Почти три года. Ленинградский дневник - стр. 16
Дошла до меня очередь. Я села поближе к свече и стала по рукописи читать первую главу поэмы (название у меня точно еще не решено). Я читала ее на людях впервые. В том месте, где я проклинаю гитлеровскую Германию, у меня перехватило дыхание. Трижды я останавливалась и начинала снова.
После «ужина» пошли домой, снова тем же путем. Было почти совсем темно.
Вечером И. Д. отправился в булочную. Тревога застигла его на обратном пути. Бомбы падали снова возле площади. И. Д. укрылся с хлебом в чужой подворотне. А я дома очень боялась за него.
К двенадцати часам сошли вниз, в кабинет главврача, с последней нашей бутылкой прокисшего рислинга. Розлили по бокалам и выпили молча. Хотели было еще посидеть, но позвонили по внутреннему телефону. Дежурный врач приемного покоя сообщал, что у него сорок покойников лежат в коридорах и в ванной. Не знает, что дальше делать. Главврач ушел туда. Мы поднялись к себе и легли.
2 января 1942 года
Умирают в больнице, главным образом в приемном покое. На кладбищах вырыты длинные траншеи, куда складывают покойников. Отдельные могилы кладбищенские сторожа роют только за хлеб.
Гробов на улицах все больше. Их везут на салазках.
Если гроб пуст, он легко раскатывается из стороны в сторону: его заносит. Однажды один такой задел меня по ногам. Гроб с покойником везут обычно две женщины. Веревки глубоко врезаются им в плечи, но не потому, что покойник тяжел, а потому, что женщины слабы.
Недавно видела труп без гроба, у которого на груди под свивальными пеленами были подложены стружки, видимо для благообразия. Во всем этом чувствовалась опытная, не дилетантская рука. Страшнее всего была именно эта техническая оснащенность. Очень может быть, что за все это пришлось расплатиться хлебом.
В другой раз две пары салазок сцепились полозьями. На одних к крышке гроба были аккуратно привязаны лопата и лом. На других – лежали дрова. Это встретились Смерть и Жизнь.
Часто на салазках везут и живых. У Аничкова моста (откуда, спасая от снарядов и бомб, давно уже вывезли бронзовых коней Клодта) две женщины с трудом влекли салазки, на которых сидела третья с мертвым ребенком в одеяльце.
Видела я также, как истощенная женщина, молодая, с напряжением управлялась с салазками, на которых лежал большой платяной шкаф стиля «модерн» из комиссионного магазина: для гроба.
В одно из воскресений мы шли от наших ворот к площади Льва Толстого.

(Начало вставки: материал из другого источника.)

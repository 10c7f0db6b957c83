-- ===== src/Tunnel/Client/Writing.antt =====
-- `writeFrameTo` of pkg/tunnel/isannd_client.go: the bytes that a frame leaves on a connection.
use servers.Base.{
  take-long, take, be32, length, ◌≤◌, ◌<◌, ◌⊎◌, append-nil, ℕ, ◌≡◌, refl, sym, ap, ◌∙◌, inl, inr,
  Bool, true, false, [], ◌∷◌, ◌++◌, append_assoc, Text, ◌==◌, ok, err, Bool-cases, Result-cases,
  if◌then◌else◌, arith,
}
use servers.Tunnel.Message.{RendezvousMsg}
use servers.Signal.Proto.{short_read, read_frame}
use servers.Tunnel.Client.{Network, IsanndClient, encode_frame, write_bytes, write_on}
use servers.Tunnel.Client.Stream.{
  framed, write_frame-encode_frame, read_frame-head, read_frame-body, sent_on, sent_on-append,
}

module _ (net : Network) where
  -- What a write on a connection adds to the bytes of that connection, and to no other: a whole frame,
  -- or a piece that no frame can be read from.
  pub record Writes (k : ℕ) (msg : RendezvousMsg) (c : IsanndClient) (r : IsanndClient × Bool)
      : Type 0 where
    pub added : Text
    pub conn : r.0.conn ≡ c.conn
    pub later : c.attempts ≤ r.0.attempts
    pub sent : (j : ℕ) → sent_on j r.0.sent ≡ sent_on j c.sent ++ (if k == j then added else [])
    pub outcome :
        ((r.1 ≡ true)
          × (r.0.wire ≡ c.wire ++ ((k, msg) ∷ []))
          × ((json : Text) × (encode_frame net.codec msg ≡ ok json) × (added ≡ framed json)))
        ⊎ ((r.1 ≡ false) × (r.0.wire ≡ c.wire) × (read_frame net.codec added ≡ err short_read))

  write_bytes-sent :
      (k j : ℕ) (bytes : Text) (c : IsanndClient)
      → sent_on j (write_bytes net k bytes c).0.sent
        ≡ sent_on j c.sent ++ (if k == j then take (net.takes c.attempts bytes) bytes else [])
  unfolding write_bytes
  write_bytes-sent k j bytes c = sent_on-append j k (take (net.takes c.attempts bytes) bytes) c.sent

  -- What the socket takes of the bytes.
  abbrev taken : Text → IsanndClient → Text
  taken bytes c = take (net.takes c.attempts bytes) bytes

  taken-all :
      (k : ℕ) (bytes : Text) (c : IsanndClient)
      → (write_bytes net k bytes c).1 ≡ true
      → taken bytes c ≡ bytes
  unfolding write_bytes
  taken-all k bytes c h = take-long (net.takes c.attempts bytes) bytes (ground arith)

  taken-less :
      (k : ℕ) (bytes : Text) (c : IsanndClient)
      → (write_bytes net k bytes c).1 ≡ false
      → net.takes c.attempts bytes < length bytes
  unfolding write_bytes
  taken-less k bytes c h = ground arith

  if_append :
      (b : Bool) (x t u : Text)
      → ((x ++ (if b then t else [])) ++ (if b then u else [])) ≡ x ++ (if b then t ++ u else [])
  if_append true x t u = append_assoc x t u
  if_append false x t u = append-nil (x ++ [])

  if_nil : (b : Bool) (x : Text) → x ≡ x ++ (if b then [] else [])
  if_nil true x = sym (append-nil x)
  if_nil false x = sym (append-nil x)

  both-sent :
      (k j : ℕ) (head json : Text) (c : IsanndClient)
      → let d = (write_bytes net k head c).0 in
        sent_on j (write_bytes net k json d).0.sent
        ≡ sent_on j c.sent ++ (if k == j then taken head c ++ taken json d else [])
  both-sent k j head json c =
      let d = (write_bytes net k head c).0 in
      write_bytes-sent k j json d
      ∙ ap (λ x. x ++ (if k == j then taken json d else [])) (write_bytes-sent k j head c)
      ∙ if_append (k == j) (sent_on j c.sent) (taken head c) (taken json d)

  no_write-Writes : (k : ℕ) (msg : RendezvousMsg) (c : IsanndClient) → Writes k msg c (c, false)
  unfolding read_frame
  no_write-Writes k msg c = record {
    added = [];
    conn = refl;
    later = omega arith;
    sent = λ j. if_nil (k == j) (sent_on j c.sent);
    outcome = inr (refl, refl, refl);
  }

  pub write_on-Writes :
      (k : ℕ) (msg : RendezvousMsg) (c : IsanndClient) → Writes k msg c (write_on net k msg c)
  unfolding write_on write_bytes
  write_on-Writes k msg c = elim (Result-cases (encode_frame net.codec msg)) [
    | inr (e, h) ↦ rw (write_on, h) (no_write-Writes k msg c)
    | inl (json, h) ↦
        let head = be32 (length json) in
        let d = (write_bytes net k head c).0 in
        elim (Bool-cases (write_bytes net k head c).1) [
          | inr a ↦
              rw (write_on, h, a)
                (record {
                  added = taken head c;
                  conn = refl;
                  later = omega arith;
                  sent = λ j. write_bytes-sent k j head c;
                  outcome = inr (
                    refl,
                    refl,
                    read_frame-head net.codec (length json) (net.takes c.attempts head)
                        (taken-less k head c a),
                  );
                })
          | inl a ↦ elim (Bool-cases (write_bytes net k json d).1) [
            | inl b ↦
                rw (write_on, h, a, b)
                  (record {
                    added = taken head c ++ taken json d;
                    conn = refl;
                    later = omega arith;
                    sent = λ j. both-sent k j head json c;
                    outcome = inl (
                      refl,
                      refl,
                      (
                        json,
                        h,
                        ap (λ x. x ++ taken json d) (taken-all k head c a)
                            ∙ ap (λ x. head ++ x) (taken-all k json d b),
                      ),
                    );
                  })
            | inr b ↦
                rw (write_on, h, a, b)
                  (record {
                    added = taken head c ++ taken json d;
                    conn = refl;
                    later = omega arith;
                    sent = λ j. both-sent k j head json c;
                    outcome = inr (
                      refl,
                      refl,
                      ap (λ x. read_frame net.codec (x ++ taken json d)) (taken-all k head c a)
                          ∙ read_frame-body net.codec json (net.takes d.attempts json)
                              (taken-less k json d b)
                              (write_frame-encode_frame net.codec msg json h).1,
                    );
                  })
          ]
        ]
  ]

И на этом небольшом пространстве встретили восемь больших и малых гробов и несколько трупов в одеялах. И тут же две женщины вели третью к нам в больницу рожать. Она шла, выпятив живот, желтая, с цынготными кровавыми мешками под глазами, худая, как скелет, еле передвигая ноги.
В другой раз две женщины, по виду учительницы, библиотекарши или что-нибудь в этом роде, везли на салазках пожилого человека в пальто, в меховой шапке и в очках. Он неудобно лежал на боку на коротких салазках, опираясь на локоть. Ноги волочились по земле. На каждой выбоине человек стонал:
– Осторожнее! Осторожнее же!
А те две были в поту, несмотря на сорокаградусный мороз.
Две женщины (снова женщины) ведут под руки дистрофика (мы только здесь узнали это слово). Он переставляет ноги в валенках, как протезы. Глаза устремлены вперед, точно у одержимого. Кожа лица туго натянута. Губы полуоткрыты, и видны зубы, ставшие как бы длиннее от голода. Нос заострился, точно истаял, весь в язвочках, кончик несколько загнут набок. Теперь я знаю, что значит «обглодан голодом».